## Stored data entries
-- ===== src/Examples/Boxes.antt =====
-- Box trees.
use mediaflow_proxy_light.Base.{
  ◌+◌, ◌^◌, ◌≤◌, ◌<◌, ◌≡◌, ◌≢◌, ◌↔◌, refl, List, [], ◌∷◌, ◌++◌, length, replicate, Bytes,
  from_be_bytes, ◌%◌, be_at, to_be_bytes, done, panic, stuck, arith,
}
use mediaflow_proxy_light.Mp4.{Atom, new_atom, pack, pack_all, children_of, read_atom_at}
use mediaflow_proxy_light.Mp4.RoundTrip.{IsPackable, AllPackable, children_of-pack_all}
use mediaflow_proxy_light.Mp4.Parse.{IsByteString, children_of-ne-stuck, read_atom_at-panic_iff}
use mediaflow_proxy_light.Drm.Tags
use mediaflow_proxy_light.Drm.Decrypter.{Mp4Decrypter, new_decrypter}
use mediaflow_proxy_light.Drm.Moof.{modify_trun, total_overhead, process_traf, process_moof}
use mediaflow_proxy_light.Drm.Moof.Shift.{modify_trun_offset}
use mediaflow_proxy_light.Drm.Moof.Strip.{clean}
use mediaflow_proxy_light.Drm.Moof.Offsets.{
  AllSound, nil, cons, other, traf, process_traf_lem, process_moof_size,
}

abbrev start : Mp4Decrypter
start = new_decrypter []

abbrev tfhd : Atom
tfhd = new_atom Tags.tfhd (0 ∷ 0 ∷ 0 ∷ 0 ∷ 0 ∷ 0 ∷ 0 ∷ 1 ∷ [])

abbrev trun : Atom
trun = new_atom Tags.trun (0 ∷ 0 ∷ 0 ∷ 1 ∷ 0 ∷ 0 ∷ 0 ∷ 0 ∷ 0 ∷ 0 ∷ 0 ∷ 200 ∷ [])

abbrev senc : Atom
senc = new_atom Tags.senc (replicate 8 0)

abbrev boxes : List Atom
boxes = tfhd ∷ senc ∷ trun ∷ []

packable : (a : Atom) → a.atom_type < 2 ^ 32 → length a.payload + 8 < 2 ^ 32 → IsPackable a
packable a t s = record { tag_fits = t; size_fits = s }

boxes-AllPackable : AllPackable boxes
boxes-AllPackable = (
  packable tfhd (omega arith) (omega arith),
  (packable senc (omega arith) (omega arith), (packable trun (omega arith) (omega arith), tt)),
)

short_boxes : length (pack_all boxes) < 2 ^ 63
unfolding pack_all pack to_be_bytes
short_boxes = omega arith

children_of-pack_all_example : children_of (pack_all boxes) ≡ done boxes
children_of-pack_all_example = children_of-pack_all boxes boxes-AllPackable short_boxes

abbrev fragment : Atom
fragment = new_atom Tags.traf (pack_all boxes)

process_traf_lem_example :
    (s' : Mp4Decrypter) × (process_traf fragment start
      ≡ done (new_atom Tags.traf (pack_all (clean 0 boxes)), s'))
    × (s'.total_encryption_overhead ≡ 0)
process_traf_lem_example = process_traf_lem boxes fragment start children_of-pack_all_example refl

abbrev children : List Atom
children = new_atom Tags.pssh [] ∷ fragment ∷ []

short_children : length (pack_all children) < 2 ^ 63
unfolding pack_all pack to_be_bytes
short_children = omega arith

fragment-IsPackable : IsPackable fragment
unfolding pack_all pack to_be_bytes
fragment-IsPackable = packable fragment (omega arith) (omega arith)

children-AllPackable : AllPackable children
children-AllPackable =
    (packable (new_atom Tags.pssh []) (omega arith) (omega arith), (fragment-IsPackable, tt))

children-AllSound : AllSound children
children-AllSound =
    cons (other refl) (cons (traf boxes refl children_of-pack_all_example refl refl) nil)

process_moof_size_example :
    (out : Atom) × (s' : Mp4Decrypter) × (process_moof
        (new_atom Tags.moof (pack_all children))
        start
      ≡ done (out, s'))
    × (length out.payload + s'.total_encryption_overhead ≡ length (pack_all children))
    × (total_overhead children ≡ done s'.total_encryption_overhead)
process_moof_size_example =
    process_moof_size children (new_atom Tags.moof (pack_all children)) start
      (children_of-pack_all children children-AllPackable short_children) refl children-AllSound

-- A box whose header states a 64-bit size of 2 ^ 64 - 8, behind one of eight bytes.
abbrev wrapping : Bytes
wrapping =
    0 ∷ 0 ∷ 0 ∷ 8 ∷ 1 ∷ 1 ∷ 1 ∷ 1 ∷ 0 ∷ 0 ∷ 0 ∷ 1 ∷ 1 ∷ 1 ∷ 1 ∷ 1 ∷ (replicate 7 255 ++ 248 ∷ [])

wrapping-IsByteString : IsByteString wrapping
wrapping-IsByteString = ground arith

children_of-ne-stuck_example : children_of wrapping ≢ stuck
children_of-ne-stuck_example = children_of-ne-stuck wrapping wrapping-IsByteString (omega arith)

read_atom_at-panic_iff_example : (read_atom_at wrapping 8 (length wrapping) ≡ panic) ↔ (
    (8 + 16 ≤ length wrapping) × (be_at 4 wrapping 8 ≡ 1) × (2 ^ 64 ≤ 8 + be_at 8 wrapping (8 + 8)))
read_atom_at-panic_iff_example =
    read_atom_at-panic_iff wrapping wrapping-IsByteString (omega arith) 8

modify_trun_offset_example :
    (be_at 4 (modify_trun 16 trun).payload 8 + 16) % 2 ^ 32 ≡ be_at 4 trun.payload 8 % 2 ^ 32
unfolding be_at from_be_bytes
modify_trun_offset_example = modify_trun_offset 16 trun (omega arith) refl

## GOAL OF THE EXERCISE
Once you reach the line with "0 boxes)), s'))" in the data above, copy it and every line after it exactly, up to and including the line with "short_children : length".

## ANSWER SPACE
      ≡ done (new_atom Tags.traf (pack_all (clean 0 boxes)), s'))
    × (s'.total_encryption_overhead ≡ 0)
process_traf_lem_example = process_traf_lem boxes fragment start children_of-pack_all_example refl

abbrev children : List Atom
children = new_atom Tags.pssh [] ∷ fragment ∷ []

short_children : length (pack_all children) < 2 ^ 63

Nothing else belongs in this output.